Research output: Contribution to journal › Article › peer-review

31 Scopus citations

Abstract

Although white matter hyperintensities have traditionally been viewed as a marker of vascular disease, recent pathology studies have found an association between white matter hyperintensities and Alzheimer's disease pathologies. The objectives of this study were to investigate the topographic patterns of white matter hyperintensities associated with Alzheimer's disease biomarkers measured using PET. From the population-based Mayo Clinic Study of Aging, 434 participants without dementia (55% male) with FLAIR and gradient recall echo MRI, tau-PET (AV-1451) and amyloid-PET scans were identified. A subset had cerebral microbleeds detected on T₂∗ gradient recall echo scans. White matter hyperintensities were semi-automatically segmented using FLAIR MRI in participant space and normalized to a custom template. We used statistical parametric mapping 12-based, voxel-wise, multiple-regression analyses to detect white matter hyperintense regions associated with Alzheimer's biomarkers (global amyloid from amyloid-PET and meta-regions of interest tau uptake from tau-PET) after adjusting for age, sex and hypertension. For amyloid associations, we additionally adjusted for tau and vice versa. Topographic patterns of amyloid-associated white matter hyperintensities included periventricular white matter hyperintensities (frontal and parietal lobes). White matter hyperintense volumes in the detected topographic pattern correlated strongly with lobar cerebral microbleeds (P < 0.001, age and sex adjusted Cohen's d = 0.703). In contrast, there were no white matter hyperintense regions significantly associated with increased tau burden using voxel-based analysis or region-specific analysis. Among non-demented elderly, amyloid load correlated with a topographic pattern of white matter hyperintensities. Further, the amyloid-associated, white matter hyperintense regions strongly correlated with lobar cerebral microbleeds suggesting that cerebral amyloid angiopathy contributes to the relationship between amyloid and white matter hyperintensities. The study did not support an association between increased tau burden and white matter hyperintense burden.
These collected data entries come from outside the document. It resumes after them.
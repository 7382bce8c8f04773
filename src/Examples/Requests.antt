-- ===== src/Examples/Requests.antt =====
-- A request for a proof, from its acceptance to its end.
use zkm_prover.Base.{
  ◌≡◌, refl, ◌↔◌, Bool, true, false, none, some, List, [], ◌∷◌, str_eq, if◌then◌else◌,
}
use zkm_prover.Platform.{ok, World, Ensures}
use zkm_prover.Files.{
  parse_s3_path, object_path, s3_create_dir_all, make_dirs, s3_exist, s3_write_file, split_slash,
  write_file, create_dir_all,
}
use zkm_prover.Files.Paths.{has_no_slash, parse_s3_path_iff}
use zkm_prover.Files.Dirs.{AllMade, dir_paths}
use zkm_prover.Files.Total.{s3_create_dir_all-makes}
use zkm_prover.Stage.{Backend}
use zkm_prover.Stage.Segments.{show}
use zkm_prover.Database.{StageTask, get_user, insert_stage_task}
use zkm_prover.Worker.Finish.{status_computing}
use zkm_prover.Config.{default_config}
use zkm_prover.Service.{
  GenerateProofRequest, GenerateProofResponse, Outside, responded, ServiceState, put, make_dir,
}
use zkm_prover.Service.Checks.{
  admit, check_seg_size, check_user, check_from_step, check_target_step,
}
use zkm_prover.Service.Inputs.{choose_elf, store_inputs, make_work_dirs}
use zkm_prover.Service.Generate.{prepare, enqueue, accepted, stage_task, generate_proof}
use zkm_prover.Service.Holds.{IsRefusal}
use zkm_prover.Service.Accepts.{Settles, IsLeft, generate_proof-Settles}
use zkm_prover.Service.Overwrites.{generate_proof-overwrites}
use zkm_prover.Examples.{example_world}

parse_s3_path_iff_example :
    (parse_s3_path "s3://bucket/proof/7" ≡ ok ("bucket", "proof/7"))
    ↔ (("s3://bucket/proof/7" ≡ object_path "bucket" "proof/7") × (has_no_slash "bucket" ≡ true))
parse_s3_path_iff_example = parse_s3_path_iff "s3://bucket/proof/7" "bucket" "proof/7"

-- An object is there, and no question is answered.
abbrev silent_store : World
silent_store = record example_world {
  objects = λ path. if str_eq path "s3://bucket/proof" then some (5 ∷ []) else none;
  answers = λ path. false;
}

s3_create_dir_all-makes_example :
    (r : World × Bool) × (s3_create_dir_all silent_store (object_path "bucket" "proof//7") ≡ ok r)
    × AllMade silent_store (dir_paths "s3://bucket" (split_slash "proof//7")) r
s3_create_dir_all-makes_example =
    s3_create_dir_all-makes silent_store "bucket" "proof//7" (unfold has_no_slash in refl)

-- That object is written over.
emptied :
    Ensures
      (λ r. r.0.objects "s3://bucket/proof" ≡ some [])
      (s3_create_dir_all silent_store "s3://bucket/proof//7")
unfolding s3_create_dir_all parse_s3_path split_slash make_dirs s3_exist s3_write_file
emptied = refl

-- Empty parts of a key are passed over.
dirs_of_key :
    dir_paths "s3://bucket" (split_slash "proof//7")
    ≡ "s3://bucket/proof" ∷ "s3://bucket/proof/7" ∷ []
unfolding split_slash
dirs_of_key = refl

abbrev pub outside : Outside
outside = record {
  recover = λ signature message. some "0xA";
  checksum = λ address. some address;
  sha256_hex = λ content. "id";
  serialize = λ receipts. 9 ∷ [];
  to_context = λ task. some "context";
}

abbrev pub request : GenerateProofRequest
request = record {
  proof_id = "proof";
  elf_data = 1 ∷ 2 ∷ [];
  block_data = [];
  block_no = none;
  seg_size = 65536;
  elf_id = none;
  signature = "signed";
  public_input_stream = 3 ∷ [];
  private_input_stream = [];
  target_step = none;
  composite_proof = false;
  receipt_inputs = [];
  receipts = [];
  from_step = none;
  single_node = false;
  max_prover_num = 0;
}

abbrev pub service_with : List StageTask → ServiceState
service_with rows = record {
  world = example_world;
  db = record { is_up = true; stage_tasks = rows; prove_tasks = []; users = "A" ∷ [] };
  queue = [];
  has_receiver = true;
}

-- In the build whose segments have bounds.
abbrev Settled : ServiceState → Type 0
Settled s =
    let (s', reply) = generate_proof outside Backend.prover default_config request s in
    Settles outside Backend.prover default_config request s s' reply

generate_proof-Settles_example : Settled (service_with [])
generate_proof-Settles_example =
    generate_proof-Settles outside Backend.prover default_config request (service_with [])

abbrev known : StageTask
known = stage_task "proof" "before"

generate_proof-overwrites_example :
    let s = service_with (known ∷ []) in
    let (s', reply) = generate_proof outside Backend.prover_v2 default_config request s in
    let (s₀, reply₀) =
      generate_proof outside Backend.prover_v2 default_config request
        (record s { db = (service_with []).db }) in
    (s'.world ≡ s₀.world)
    × IsRefusal reply
    × IsLeft outside Backend.prover_v2 default_config request s s'
generate_proof-overwrites_example =
    generate_proof-overwrites outside Backend.prover_v2 default_config request
      (service_with (known ∷ [])) (service_with []).db refl (λ address. unfold get_user in refl)

abbrev pub response : GenerateProofResponse
response = record {
  status = status_computing;
  error_message = "";
  proof_id = "proof";
  snark_proof_url = "";
  stark_proof_url = "";
  output_stream = [];
  public_values_url = "";
}

pub taken :
    (generate_proof outside Backend.prover_v2 default_config request (service_with [])).1
    ≡ responded response
unfolding generate_proof prepare admit check_seg_size check_user check_from_step check_target_step
    get_user choose_elf store_inputs make_work_dirs put make_dir enqueue accepted show write_file
    create_dir_all insert_stage_task
taken = refl

pub taken_db :
    (generate_proof outside Backend.prover_v2 default_config request (service_with [])).0.db
    ≡ (service_with (stage_task "proof" "context" ∷ [])).db
unfolding generate_proof prepare admit check_seg_size check_user check_from_step check_target_step
    get_user choose_elf store_inputs make_work_dirs put make_dir enqueue accepted show write_file
    create_dir_all insert_stage_task
taken_db = refl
Original language	English (US)
Pages (from-to)	2483-2491
Number of pages	9
Journal	Brain
Volume	142
Issue number	8
DOIs	https://doi.org/10.1093/brain/awz162
State	Published - Aug 1 2019

Keywords

cerebral amyloid angiopathy
cerebral microbleeds
tau burden
white matter hyperintensities

ASJC Scopus subject areas

Medicine(all)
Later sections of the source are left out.